19.1 M Trainable params
0 Non-trainable params
19.1 M Total params
76.244 Total estimated model params size (MB)
Validation sanity check: 0it [00:00, ?it/s]INFO Using validation DataLoader3DOffset with {}
INFO Building Sampling Cache for Dataloder
Sampling Cache: 100%|██████████████████████████| 2/2 [00:00<00:00, 7966.39it/s]
INFO Using 5 num_processes and 2 num_cached_per_queue for augmentation. | 0/2 [00:00<?, ?it/s]
INFO VALIDATION KEYS:
odict_keys(['case_0', 'case_7'])
Validation sanity check: 0%| | 0/10 [00:00<?, ?it/s]using pin_memory on device 0
Validation sanity check: 100%|███████████████████████| 10/10 [00:17<00:00, 1.62s/it]INFO Val loss reached: 1.82636
/opt/conda/lib/python3.8/site-packages/sklearn/metrics/_ranking.py:1029: UndefinedMetricWarning: No positive samples in y_true, true positive value should be meaningless
warnings.warn(
INFO mAP@0.1:0.5:0.05: 0.000 AP@0.1: 0.000 AP@0.5: 0.000
INFO Proxy FG Dice: 0.017
INFO This epoch took 17 s
INFO Using training DataLoader3DOffset with {}
INFO Building Sampling Cache for Dataloder
Sampling Cache: 100%|████████████████████████████| 8/8 [00:00<00:00, 12056.93it/s]
INFO Using 5 num_processes and 2 num_cached_per_queue for augmentation.
INFO TRAINING KEYS:
odict_keys(['case_1', 'case_2', 'case_3', 'case_4', 'case_5', 'case_6', 'case_8', 'case_9'])
Epoch 0: 0%| | 0/2600 [00:00<00:00, 3521.67it/s]using pin_memory on device 0
Epoch 0: 0%|▌ | 11/2600 [00:39<2:21:00, 3.27s/it, loss=1.52, v_num=433e]

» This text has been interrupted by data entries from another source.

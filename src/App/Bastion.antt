-- ===== src/App/Bastion.antt =====
-- The channels of `BastionHandler` in src/server/bastion_handler.rs: the application that a
-- connection opens, and the requests that it passes on to it.
pub mod Requests
pub mod Opened
pub mod Answered
pub mod Steps
pub mod Second
use rustion.Prelude.{ℕ, Bool, true, false, ◌||◌, Option, none, some, List, [], ◌∷◌, if◌then◌else◌}
use rustion.Prelude.Text.{Text}
use rustion.Casbin.Rules.{Uuid}
use rustion.Server.User.{User}
use rustion.Server.Login.{
  LoginParse, LoginMode, target_selector, password, player, admin, target, target_with_user,
  parse_mode,
}
use rustion.App.World.{World, InternalUuids, Window, Modes, success, failure, close, replied}
use rustion.App.Method.{
  Method, pure, panic, get_this, set_this, if_let, perform, ask, ◌>>=◌, ◌>>◌, within, alone,
}
use rustion.App.ConnectTarget
use rustion.App.Screen
use rustion.App.Password
use rustion.App.TargetSelector

pub data Application : Type 0 where
  connect_target : ConnectTarget.ConnectTarget → Application
  change_password : Password.ChangePassword → Application
  selector : TargetSelector.TargetSelector → Application
  admin_app player_app : Screen.Screen → Application
  no_app : Application

pub record Bastion (Ip : Type 0) : Type 0 where
  pub user : Option User
  pub login_parse : Option LoginParse
  pub client_ip : Option Ip
  pub app : Application
  pub window_size : Option Window
  pub pty_modes : Option Modes
  pub pty_term : Option Text

module _ {Ip : Type 0} where
  -- `Application::X(ref mut app) => …`.
  unfoldable pub on_connect_target :
      {B : Type 0}
      → ConnectTarget.ConnectTarget
      → Method ConnectTarget.ConnectTarget B
      → Method (Bastion Ip) B
  on_connect_target = within (λ a h. record h { app = connect_target a })

  unfoldable pub on_change_password :
      {B : Type 0}
      → Password.ChangePassword
      → Method Password.ChangePassword B
      → Method (Bastion Ip) B
  on_change_password = within (λ a h. record h { app = change_password a })

  unfoldable pub on_selector :
      {B : Type 0}
      → TargetSelector.TargetSelector
      → Method TargetSelector.TargetSelector B
      → Method (Bastion Ip) B
  on_selector = within (λ a h. record h { app = selector a })

  unfoldable pub on_admin :
      {B : Type 0} → Screen.Screen → Method Screen.Screen B → Method (Bastion Ip) B
  on_admin = within (λ a h. record h { app = admin_app a })

  unfoldable pub on_player :
      {B : Type 0} → Screen.Screen → Method Screen.Screen B → Method (Bastion Ip) B
  on_player = within (λ a h. record h { app = player_app a })

  -- `match self.app`.
  unfoldable pub match_app :
      {B : Type 0} → (Bastion Ip → Application → Method (Bastion Ip) B) → Method (Bastion Ip) B
  match_app arms = do h ← get_this; arms h h.app

  -- `self.user.take()`.
  unfoldable pub take_user : Method (Bastion Ip) (Option User)
  take_user = do h ← get_this; set_this (record h { user = none }); pure h.user

  unfoldable pub set_app : Application → Method (Bastion Ip) (Unit {0})
  set_app a = do h ← get_this; set_this (record h { app = a })

module _ {Ip : Type 0} (W : World Ip) where
  unfoldable pub refuse : {A : Type 0} → ℕ → Method A (Unit {0})
  refuse channel = perform W (replied channel failure) >> perform W (replied channel close)

  unfoldable pub init_session : InternalUuids → Method (Bastion Ip) Bool
  init_session uuids = do
    h ← get_this
    if_let h.user (pure false) (λ u. ask W u.id uuids.obj_login uuids.act_login h.client_ip)

  -- `if !self.init_session()? { return Ok(false); } m`.
  unfoldable pub if_allowed : InternalUuids → Method (Bastion Ip) Bool → Method (Bastion Ip) Bool
  unfolding init_session
  if_allowed uuids m = do allowed ← init_session uuids; if allowed then m else pure false

module _ (uuids : InternalUuids) {Ip : Type 0} (W : World Ip) (unset : Window) where
  unfoldable pub open_change_password : Method (Bastion Ip) Bool
  unfolding take_user set_app
  open_change_password = do
    u ← take_user
    set_app (change_password (Password.new_change_password unset u))
    pure true

  -- An application of its own is opened by `m`, and kept whatever `m` returns.
  unfoldable pub open_app :
      {A : Type 0}
      → (Option User → A)
      → (A → Application)
      → Method A Bool
      → Method (Bastion Ip) Bool
  unfolding take_user set_app
  open_app new as_app m = do
    u ← take_user
    res ← alone (new u) m
    set_app (as_app res.1)
    pure res.0

  unfoldable pub open_mode : LoginMode → Option Ip → Method (Bastion Ip) Bool
  unfolding open_app open_change_password
  open_mode target_selector ip =
      open_app TargetSelector.new_target_selector selector (TargetSelector.channel_open_session W)
  open_mode password ip = open_change_password
  open_mode player ip =
      open_app Screen.new_screen player_app
        (Screen.channel_open_session W uuids.obj_player uuids.act_login ip)
  open_mode admin ip =
      open_app Screen.new_screen admin_app
        (Screen.channel_open_session W uuids.obj_admin uuids.act_login ip)
  open_mode (target_with_user target_user name) ip =
      open_app ConnectTarget.new_connect_target connect_target
        (ConnectTarget.init_target W target_user name)
  open_mode (target name) ip =
      open_app TargetSelector.new_target_selector selector
        (TargetSelector.channel_open_with_target_name W name)

  -- The arm of `Application::None`.
  unfoldable pub open_first : Method (Bastion Ip) Bool
  unfolding if_allowed open_mode open_change_password
  open_first = if_allowed W uuids (do
    h ← get_this
    if_let h.user (pure false) (λ u. if_let h.login_parse (pure false) (λ l.
        if u.force_init_pass then open_change_password else open_mode (parse_mode l) h.client_ip)))

  unfoldable pub open_session_in : Application → Method (Bastion Ip) Bool
  unfolding open_first
  open_session_in (connect_target _) = pure true
  open_session_in (change_password _) = panic
  open_session_in (selector _) = panic
  open_session_in (admin_app _) = panic
  open_session_in (player_app _) = panic
  open_session_in no_app = open_first

  unfoldable pub channel_open_session : Method (Bastion Ip) Bool
  unfolding open_session_in match_app
  channel_open_session = match_app (λ h a. open_session_in a)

Alright, glad to see that it works now :) I'll close the Issue for now, feel free to reopen or open a new one if anything else comes up.

Could you please reopen it actually - I did have a question buried in my last comment - copying it here:

So now I am trying to run the "nndet_train 000 --sweep" on the small test set of only 10 train and 10 test, and it says it will take about 2 hours per epoch, does that seem right? The progress bar looks like this:

Epoch 0: 21%|████████████████████████▉ | 554/2600 [26:38<1:38:11, 2.88s/it, loss=0.0264, v_num=3aa8]

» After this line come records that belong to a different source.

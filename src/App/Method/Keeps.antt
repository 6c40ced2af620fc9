-- ===== src/App/Method/Keeps.antt =====
-- Invariants of methods: one rule for each way to build a method.
use rustion.Prelude.{
  ◌≡◌, refl, Bool, true, false, Option, none, some, Result, ok, err, ◌∷◌, if◌then◌else◌,
}
use rustion.Prelude.Actions.{Outcome, returned, failed, panicked}
use rustion.Casbin.Rules.{Uuid, Error}
use rustion.App.World.{World, Trace, Event, enforced}
use rustion.App.Method.{
  Run, Method, pure, fail_with, panic, ◌>>=◌, ◌>>◌, get_this, set_this, answer, if_let, note,
  perform, ask, match_result, within, alone,
}

-- `m` keeps `P`, however it ends.
pub record Keeps {A B : Type 0} (P : Run A → Type 0) (m : Method A B) : Type 0 where
  pub at : (s : Run A) → P s → P (m s).1

module _ {A : Type 0} {P : Run A → Type 0} where
  pub Keeps-pure : {B : Type 0} (b : B) → Keeps P (pure b)
  unfolding pure
  Keeps-pure b = record { at = λ s h. h }

  pub Keeps-fail_with : {B : Type 0} (e : Error) → Keeps P (fail_with {B = B} e)
  unfolding fail_with
  Keeps-fail_with e = record { at = λ s h. h }

  pub Keeps-panic : {B : Type 0} → Keeps P (panic {B = B})
  unfolding panic
  Keeps-panic = record { at = λ s h. h }

  pub Keeps-answer : {B : Type 0} (f : Trace → Result Error B) → Keeps P (answer f)
  unfolding answer
  Keeps-answer {B} f = record { at = λ s h. go s (f s.trace) h }
    where
      go :
          (s : Run A) (r : Result Error B)
          → P s
          → let q : Outcome Error B × Run A = elim r [
            | ok b ↦ (returned b, s)
            | err e ↦ (failed e, s)
          ] in
            P q.1
      go s (ok b) h = h
      go s (err e) h = h

  pub Keeps-if_let :
      {X B : Type 0} (o : Option X) (d : Method A B) (f : X → Method A B)
      → Keeps P d
      → ((x : X) → o ≡ some x → Keeps P (f x))
      → Keeps P (if_let o d f)
  unfolding if_let
  Keeps-if_let none d f kd kf = kd
  Keeps-if_let (some x) d f kd kf = kf x refl

  pub Keeps-if :
      {B : Type 0} (b : Bool) (m n : Method A B)
      → Keeps P m
      → Keeps P n
      → Keeps P (if b then m else n)
  Keeps-if true m n km kn = km
  Keeps-if false m n km kn = kn

  pub Keeps-match_result :
      {B C : Type 0} (m : Method A B) (f : B → Method A C) (g : Error → Method A C)
      → Keeps P m
      → ((b : B) → Keeps P (f b))
      → ((e : Error) → Keeps P (g e))
      → Keeps P (match_result m f g)
  unfolding match_result
  Keeps-match_result {B} {C} m f g km kf kg = record { at = λ s h. go (m s) (km.at s h) }
    where
      go :
          (p : Outcome Error B × Run A)
          → P p.1
          → let q : Outcome Error C × Run A = elim p.0 [
            | returned b ↦ f b p.1
            | failed e ↦ g e p.1
            | panicked ↦ (panicked, p.1)
          ] in
            P q.1
      go (returned b, t) h = (kf b).at t h
      go (failed e, t) h = (kg e).at t h
      go (panicked, t) h = h

  pub Keeps-bind :
      {B C : Type 0} (m : Method A B) (f : B → Method A C)
      → Keeps P m
      → ((b : B) → Keeps P (f b))
      → Keeps P (m >>= f)
  unfolding ◌>>=◌
  Keeps-bind {B} {C} m f km kf = record { at = λ s h. go (m s) (km.at s h) }
    where
      go :
          (p : Outcome Error B × Run A)
          → P p.1
          → let q : Outcome Error C × Run A = elim p.0 [
            | returned b ↦ f b p.1
            | failed e ↦ (failed e, p.1)
            | panicked ↦ (panicked, p.1)
          ] in
            P q.1
      go (returned b, t) h = (kf b).at t h
      go (failed e, t) h = h
      go (panicked, t) h = h

  pub Keeps-then :
      {B C : Type 0} (m : Method A B) (n : Method A C) → Keeps P m → Keeps P n → Keeps P (m >> n)
  unfolding ◌>>◌
  Keeps-then m n km kn = Keeps-bind m (λ _. n) km (λ _. kn)

  -- What is read of `self` is known of it.
  pub Keeps-get_this :
      {C : Type 0} (f : A → Method A C)
      → ((s : Run A) → P s → Keeps P (f s.this))
      → Keeps P (get_this >>= f)
  unfolding ◌>>=◌ get_this
  Keeps-get_this f kf = record { at = λ s h. (kf s h).at s h }

  pub Keeps-set_this :
      (a : A) → ((s : Run A) → P s → P (record s { this = a })) → Keeps P (set_this a)
  unfolding set_this
  Keeps-set_this a h = record { at = h }

  pub Keeps-note :
      (e : Event) → ((s : Run A) → P s → P (record s { trace = e ∷ s.trace })) → Keeps P (note e)
  unfolding note
  Keeps-note e h = record { at = h }

  module _ {Ip : Type 0} (W : World Ip) where
    pub Keeps-perform :
        (e : Event)
        → ((s : Run A) → P s → P (record s { trace = e ∷ s.trace }))
        → Keeps P (perform W e)
    unfolding perform
    Keeps-perform e after = record { at = λ s h. go s (W.refuses s.trace e) h }
      where
        go :
            (s : Run A) (r : Option Error)
            → P s
            → let q : Outcome Error (Unit {0}) × Run A = elim r [
              | none ↦ (returned tt, record s { trace = e ∷ s.trace })
              | some x ↦ (failed x, s)
            ] in
              P q.1
        go s none h = after s h
        go s (some x) h = h

    pub Keeps-ask :
        (sub obj act : Uuid) (ip : Option Ip)
        → ((s : Run A) (granted : Bool)
            → P s
            → P (record s { trace = enforced sub obj act granted ∷ s.trace }))
        → Keeps P (ask W sub obj act ip)
    unfolding ask
    Keeps-ask sub obj act ip after = record {
      at = λ s h. go s (W.enforce s.trace sub obj act ip) h;
    }
      where
        go :
            (s : Run A) (r : Result Error Bool)
            → P s
            → let q : Outcome Error Bool × Run A = elim r [
              | ok granted ↦
                  (returned granted, record s { trace = enforced sub obj act granted ∷ s.trace })
              | err e ↦ (failed e, s)
            ] in
              P q.1
        go s (ok granted) h = after s granted h
        go s (err e) h = h

-- A part keeps what the whole keeps, when that is said of the trace alone.
module _ {A H : Type 0} (T : Trace → Type 0) where
  pub Keeps-within :
      {B : Type 0} (put : A → H → H) (a : A) (m : Method A B)
      → Keeps (λ s. T s.trace) m
      → Keeps (λ s. T s.trace) (within put a m)
  unfolding within
  Keeps-within put a m k = record { at = λ s h. k.at (record { this = a; trace = s.trace }) h }

  pub Keeps-alone :
      {B : Type 0} (a : A) (m : Method A B)
      → Keeps (λ s. T s.trace) m
      → Keeps {A = H} (λ s. T s.trace) (alone a m)
  unfolding alone
  Keeps-alone {B} a m k = record {
    at = λ s h. go s (m (record { this = a; trace = s.trace })) (k.at _ h);
  }
    where
      go :
          (s : Run H) (p : Outcome Error B × Run A)
          → T p.1.trace
          → let s'' : Run H = record { this = s.this; trace = p.1.trace } in
            let q : Outcome Error (B × A) × Run H = elim p.0 [
              | returned b ↦ (returned (b, p.1.this), s'')
              | failed e ↦ (failed e, s'')
              | panicked ↦ (panicked, s'')
            ] in
            T q.1.trace
      go s (returned b, t) h = h
      go s (failed e, t) h = h
      go s (panicked, t) h = h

Where is the 2600 number coming from if I only have 10 samples? My real dataset is about 1,000 samples so 200 hours per epoch would not be feasible. Running nvidia-smi does show that my GPU is being used: 9733MiB / 16384MiB.

nnDetection samples a predefined number of batches per epoch, those are independent of your dataset size. Please check some of the other Issues since there are already a few of "slow training time" ones where some of the parameters were optimised (also the FAQ contains information as well). Given the type of GPU (high VRAM, no mixed precision support, compute capabilities), the training time of 2 hours/epoch might be normal though ...
(Note: the full training schedule is way to long for the example, the example is really only intended for testing)

If something else comes up, please prefer opening a new Issue so the problems remain searchable.